-- DATA SHOWN --
##########

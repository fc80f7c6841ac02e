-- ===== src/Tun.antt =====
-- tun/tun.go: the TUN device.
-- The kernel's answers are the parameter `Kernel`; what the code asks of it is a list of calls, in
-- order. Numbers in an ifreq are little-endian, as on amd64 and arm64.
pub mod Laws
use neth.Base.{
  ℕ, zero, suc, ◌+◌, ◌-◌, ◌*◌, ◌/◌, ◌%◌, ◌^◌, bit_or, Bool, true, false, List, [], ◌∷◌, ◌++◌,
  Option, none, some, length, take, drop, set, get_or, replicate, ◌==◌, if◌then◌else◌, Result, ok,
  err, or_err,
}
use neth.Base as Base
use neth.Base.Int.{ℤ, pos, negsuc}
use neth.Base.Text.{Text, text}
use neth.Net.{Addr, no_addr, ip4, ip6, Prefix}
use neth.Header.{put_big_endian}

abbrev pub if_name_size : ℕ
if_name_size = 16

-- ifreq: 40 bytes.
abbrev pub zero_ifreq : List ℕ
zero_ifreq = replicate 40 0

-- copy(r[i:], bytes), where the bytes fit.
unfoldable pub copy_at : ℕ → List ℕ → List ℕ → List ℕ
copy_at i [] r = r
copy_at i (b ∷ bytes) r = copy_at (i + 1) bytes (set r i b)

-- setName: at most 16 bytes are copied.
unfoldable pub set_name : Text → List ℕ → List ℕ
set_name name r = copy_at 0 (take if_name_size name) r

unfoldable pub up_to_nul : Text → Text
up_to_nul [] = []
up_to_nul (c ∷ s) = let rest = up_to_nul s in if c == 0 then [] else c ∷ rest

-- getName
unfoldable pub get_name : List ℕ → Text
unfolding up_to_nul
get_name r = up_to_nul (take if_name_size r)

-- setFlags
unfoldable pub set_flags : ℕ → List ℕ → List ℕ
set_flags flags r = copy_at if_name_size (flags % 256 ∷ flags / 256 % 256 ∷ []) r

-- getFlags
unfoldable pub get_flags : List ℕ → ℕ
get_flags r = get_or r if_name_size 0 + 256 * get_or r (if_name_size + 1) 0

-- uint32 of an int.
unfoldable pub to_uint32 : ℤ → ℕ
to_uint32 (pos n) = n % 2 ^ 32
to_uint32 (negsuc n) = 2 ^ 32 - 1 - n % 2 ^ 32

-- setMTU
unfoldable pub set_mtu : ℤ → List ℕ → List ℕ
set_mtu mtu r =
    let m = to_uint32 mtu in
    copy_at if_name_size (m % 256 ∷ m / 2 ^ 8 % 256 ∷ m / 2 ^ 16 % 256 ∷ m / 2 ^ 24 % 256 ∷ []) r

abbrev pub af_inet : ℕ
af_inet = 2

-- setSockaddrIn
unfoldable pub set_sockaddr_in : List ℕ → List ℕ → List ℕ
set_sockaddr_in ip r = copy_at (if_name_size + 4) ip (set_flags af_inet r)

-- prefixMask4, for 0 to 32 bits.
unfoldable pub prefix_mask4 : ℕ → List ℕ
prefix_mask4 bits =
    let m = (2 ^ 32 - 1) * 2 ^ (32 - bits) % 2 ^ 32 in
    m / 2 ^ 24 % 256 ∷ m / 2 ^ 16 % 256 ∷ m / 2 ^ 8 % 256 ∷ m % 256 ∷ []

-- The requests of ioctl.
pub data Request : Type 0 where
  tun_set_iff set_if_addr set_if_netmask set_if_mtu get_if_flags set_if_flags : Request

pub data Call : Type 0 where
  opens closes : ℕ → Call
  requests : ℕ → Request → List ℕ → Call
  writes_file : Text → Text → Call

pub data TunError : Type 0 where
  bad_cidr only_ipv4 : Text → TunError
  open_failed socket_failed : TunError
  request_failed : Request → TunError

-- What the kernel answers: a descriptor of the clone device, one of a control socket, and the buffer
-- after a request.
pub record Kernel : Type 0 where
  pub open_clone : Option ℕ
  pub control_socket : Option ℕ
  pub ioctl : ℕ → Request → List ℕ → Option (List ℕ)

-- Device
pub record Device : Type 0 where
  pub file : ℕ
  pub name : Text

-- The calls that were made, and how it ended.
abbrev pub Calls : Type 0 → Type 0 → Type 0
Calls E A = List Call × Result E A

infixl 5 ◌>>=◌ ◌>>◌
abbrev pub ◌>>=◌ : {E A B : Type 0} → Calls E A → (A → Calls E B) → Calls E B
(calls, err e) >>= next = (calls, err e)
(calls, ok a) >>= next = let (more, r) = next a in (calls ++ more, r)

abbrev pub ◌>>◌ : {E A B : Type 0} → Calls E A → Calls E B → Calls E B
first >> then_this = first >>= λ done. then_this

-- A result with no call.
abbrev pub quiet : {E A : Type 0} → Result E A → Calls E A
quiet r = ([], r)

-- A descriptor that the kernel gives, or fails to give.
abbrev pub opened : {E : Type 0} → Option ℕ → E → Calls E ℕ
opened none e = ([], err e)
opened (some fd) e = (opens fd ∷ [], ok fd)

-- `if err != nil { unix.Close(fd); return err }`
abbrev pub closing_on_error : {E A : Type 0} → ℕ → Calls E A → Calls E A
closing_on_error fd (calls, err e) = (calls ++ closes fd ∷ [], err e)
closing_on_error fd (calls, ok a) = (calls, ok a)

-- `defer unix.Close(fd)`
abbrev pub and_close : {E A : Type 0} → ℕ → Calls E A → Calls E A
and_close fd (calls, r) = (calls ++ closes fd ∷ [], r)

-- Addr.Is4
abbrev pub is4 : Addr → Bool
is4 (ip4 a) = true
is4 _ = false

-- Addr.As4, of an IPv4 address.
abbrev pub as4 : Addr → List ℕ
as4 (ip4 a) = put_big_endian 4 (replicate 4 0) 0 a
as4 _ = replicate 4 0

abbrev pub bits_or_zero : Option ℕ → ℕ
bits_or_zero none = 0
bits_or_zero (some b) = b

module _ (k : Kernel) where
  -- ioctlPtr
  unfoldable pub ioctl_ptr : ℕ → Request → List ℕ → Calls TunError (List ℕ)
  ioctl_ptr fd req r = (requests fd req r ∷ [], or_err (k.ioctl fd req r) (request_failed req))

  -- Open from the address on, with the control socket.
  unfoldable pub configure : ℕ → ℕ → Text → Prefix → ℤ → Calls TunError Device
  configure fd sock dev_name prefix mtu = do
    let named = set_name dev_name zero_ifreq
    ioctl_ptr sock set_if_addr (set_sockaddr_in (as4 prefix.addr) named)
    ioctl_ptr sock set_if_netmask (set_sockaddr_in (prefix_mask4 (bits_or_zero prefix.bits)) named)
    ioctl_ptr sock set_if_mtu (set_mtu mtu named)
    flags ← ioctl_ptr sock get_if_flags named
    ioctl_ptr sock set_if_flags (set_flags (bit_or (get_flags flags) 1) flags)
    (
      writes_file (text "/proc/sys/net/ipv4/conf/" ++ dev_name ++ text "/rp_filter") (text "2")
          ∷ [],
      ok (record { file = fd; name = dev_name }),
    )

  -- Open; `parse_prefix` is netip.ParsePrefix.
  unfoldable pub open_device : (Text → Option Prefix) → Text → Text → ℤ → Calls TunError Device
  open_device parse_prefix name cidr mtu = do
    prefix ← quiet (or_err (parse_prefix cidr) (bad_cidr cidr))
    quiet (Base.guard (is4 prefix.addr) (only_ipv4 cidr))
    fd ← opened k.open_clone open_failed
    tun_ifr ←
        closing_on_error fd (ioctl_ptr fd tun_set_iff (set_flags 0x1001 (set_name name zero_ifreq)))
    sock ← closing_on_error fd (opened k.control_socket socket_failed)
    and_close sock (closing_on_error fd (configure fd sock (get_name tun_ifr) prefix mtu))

##########

-- TASK GOAL --
Write all of the data above again, exactly as given.

-- RESPONSE TO THE TASK --
repository fc80f7c6841ac02e
-- ===== src/Tun.antt =====
-- tun/tun.go: the TUN device.
-- The kernel's answers are the parameter `Kernel`; what the code asks of it is a list of calls, in
-- order. Numbers in an ifreq are little-endian, as on amd64 and arm64.
pub mod Laws
use neth.Base.{
  ℕ, zero, suc, ◌+◌, ◌-◌, ◌*◌, ◌/◌, ◌%◌, ◌^◌, bit_or, Bool, true, false, List, [], ◌∷◌, ◌++◌,
  Option, none, some, length, take, drop, set, get_or, replicate, ◌==◌, if◌then◌else◌, Result, ok,
  err, or_err,
}
use neth.Base as Base
use neth.Base.Int.{ℤ, pos, negsuc}
use neth.Base.Text.{Text, text}
use neth.Net.{Addr, no_addr, ip4, ip6, Prefix}
use neth.Header.{put_big_endian}

abbrev pub if_name_size : ℕ
if_name_size = 16

-- ifreq: 40 bytes.
abbrev pub zero_ifreq : List ℕ
zero_ifreq = replicate 40 0

-- copy(r[i:], bytes), where the bytes fit.
unfoldable pub copy_at : ℕ → List ℕ → List ℕ → List ℕ
copy_at i [] r = r
copy_at i (b ∷ bytes) r = copy_at (i + 1) bytes (set r i b)

-- setName: at most 16 bytes are copied.
unfoldable pub set_name : Text → List ℕ → List ℕ
set_name name r = copy_at 0 (take if_name_size name) r

unfoldable pub up_to_nul : Text → Text
up_to_nul [] = []
up_to_nul (c ∷ s) = let rest = up_to_nul s in if c == 0 then [] else c ∷ rest

-- getName
unfoldable pub get_name : List ℕ → Text
unfolding up_to_nul
get_name r = up_to_nul (take if_name_size r)

-- setFlags
unfoldable pub set_flags : ℕ → List ℕ → List ℕ
set_flags flags r = copy_at if_name_size (flags % 256 ∷ flags / 256 % 256 ∷ []) r

-- getFlags
unfoldable pub get_flags : List ℕ → ℕ
get_flags r = get_or r if_name_size 0 + 256 * get_or r (if_name_size + 1) 0

-- uint32 of an int.
unfoldable pub to_uint32 : ℤ → ℕ
to_uint32 (pos n) = n % 2 ^ 32
to_uint32 (negsuc n) = 2 ^ 32 - 1 - n % 2 ^ 32

-- setMTU
unfoldable pub set_mtu : ℤ → List ℕ → List ℕ
set_mtu mtu r =
    let m = to_uint32 mtu in
    copy_at if_name_size (m % 256 ∷ m / 2 ^ 8 % 256 ∷ m / 2 ^ 16 % 256 ∷ m / 2 ^ 24 % 256 ∷ []) r

abbrev pub af_inet : ℕ
af_inet = 2

-- setSockaddrIn
unfoldable pub set_sockaddr_in : List ℕ → List ℕ → List ℕ
set_sockaddr_in ip r = copy_at (if_name_size + 4) ip (set_flags af_inet r)

-- prefixMask4, for 0 to 32 bits.
unfoldable pub prefix_mask4 : ℕ → List ℕ
prefix_mask4 bits =
    let m = (2 ^ 32 - 1) * 2 ^ (32 - bits) % 2 ^ 32 in
    m / 2 ^ 24 % 256 ∷ m / 2 ^ 16 % 256 ∷ m / 2 ^ 8 % 256 ∷ m % 256 ∷ []

-- The requests of ioctl.
pub data Request : Type 0 where
  tun_set_iff set_if_addr set_if_netmask set_if_mtu get_if_flags set_if_flags : Request

pub data Call : Type 0 where
  opens closes : ℕ → Call
  requests : ℕ → Request → List ℕ → Call
  writes_file : Text → Text → Call

pub data TunError : Type 0 where
  bad_cidr only_ipv4 : Text → TunError
  open_failed socket_failed : TunError
  request_failed : Request → TunError

-- What the kernel answers: a descriptor of the clone device, one of a control socket, and the buffer
-- after a request.
pub record Kernel : Type 0 where
  pub open_clone : Option ℕ
  pub control_socket : Option ℕ
  pub ioctl : ℕ → Request → List ℕ → Option (List ℕ)

-- Device
pub record Device : Type 0 where
  pub file : ℕ
  pub name : Text

-- The calls that were made, and how it ended.
abbrev pub Calls : Type 0 → Type 0 → Type 0
Calls E A = List Call × Result E A

infixl 5 ◌>>=◌ ◌>>◌
abbrev pub ◌>>=◌ : {E A B : Type 0} → Calls E A → (A → Calls E B) → Calls E B
(calls, err e) >>= next = (calls, err e)
(calls, ok a) >>= next = let (more, r) = next a in (calls ++ more, r)

abbrev pub ◌>>◌ : {E A B : Type 0} → Calls E A → Calls E B → Calls E B
first >> then_this = first >>= λ done. then_this

-- A result with no call.
abbrev pub quiet : {E A : Type 0} → Result E A → Calls E A
quiet r = ([], r)

-- A descriptor that the kernel gives, or fails to give.
abbrev pub opened : {E : Type 0} → Option ℕ → E → Calls E ℕ
opened none e = ([], err e)
opened (some fd) e = (opens fd ∷ [], ok fd)

-- `if err != nil { unix.Close(fd); return err }`
abbrev pub closing_on_error : {E A : Type 0} → ℕ → Calls E A → Calls E A
closing_on_error fd (calls, err e) = (calls ++ closes fd ∷ [], err e)
closing_on_error fd (calls, ok a) = (calls, ok a)

-- `defer unix.Close(fd)`
abbrev pub and_close : {E A : Type 0} → ℕ → Calls E A → Calls E A
and_close fd (calls, r) = (calls ++ closes fd ∷ [], r)

-- Addr.Is4
abbrev pub is4 : Addr → Bool
is4 (ip4 a) = true
is4 _ = false

-- Addr.As4, of an IPv4 address.
abbrev pub as4 : Addr → List ℕ
as4 (ip4 a) = put_big_endian 4 (replicate 4 0) 0 a
as4 _ = replicate 4 0

abbrev pub bits_or_zero : Option ℕ → ℕ
bits_or_zero none = 0
bits_or_zero (some b) = b

module _ (k : Kernel) where
  -- ioctlPtr
  unfoldable pub ioctl_ptr : ℕ → Request → List ℕ → Calls TunError (List ℕ)
  ioctl_ptr fd req r = (requests fd req r ∷ [], or_err (k.ioctl fd req r) (request_failed req))

  -- Open from the address on, with the control socket.
  unfoldable pub configure : ℕ → ℕ → Text → Prefix → ℤ → Calls TunError Device
  configure fd sock dev_name prefix mtu = do
    let named = set_name dev_name zero_ifreq
    ioctl_ptr sock set_if_addr (set_sockaddr_in (as4 prefix.addr) named)
    ioctl_ptr sock set_if_netmask (set_sockaddr_in (prefix_mask4 (bits_or_zero prefix.bits)) named)
    ioctl_ptr sock set_if_mtu (set_mtu mtu named)
    flags ← ioctl_ptr sock get_if_flags named
    ioctl_ptr sock set_if_flags (set_flags (bit_or (get_flags flags) 1) flags)
    (
      writes_file (text "/proc/sys/net/ipv4/conf/" ++ dev_name ++ text "/rp_filter") (text "2")
          ∷ [],
      ok (record { file = fd; name = dev_name }),
    )

  -- Open; `parse_prefix` is netip.ParsePrefix.
  unfoldable pub open_device : (Text → Option Prefix) → Text → Text → ℤ → Calls TunError Device
  open_device parse_prefix name cidr mtu = do
    prefix ← quiet (or_err (parse_prefix cidr) (bad_cidr cidr))
    quiet (Base.guard (is4 prefix.addr) (only_ipv4 cidr))
    fd ← opened k.open_clone open_failed
    tun_ifr ←
        closing_on_error fd (ioctl_ptr fd tun_set_iff (set_flags 0x1001 (set_name name zero_ifreq)))
    sock ← closing_on_error fd (opened k.control_socket socket_failed)
    and_close sock (closing_on_error fd (configure fd sock (get_name tun_ifr) prefix mtu))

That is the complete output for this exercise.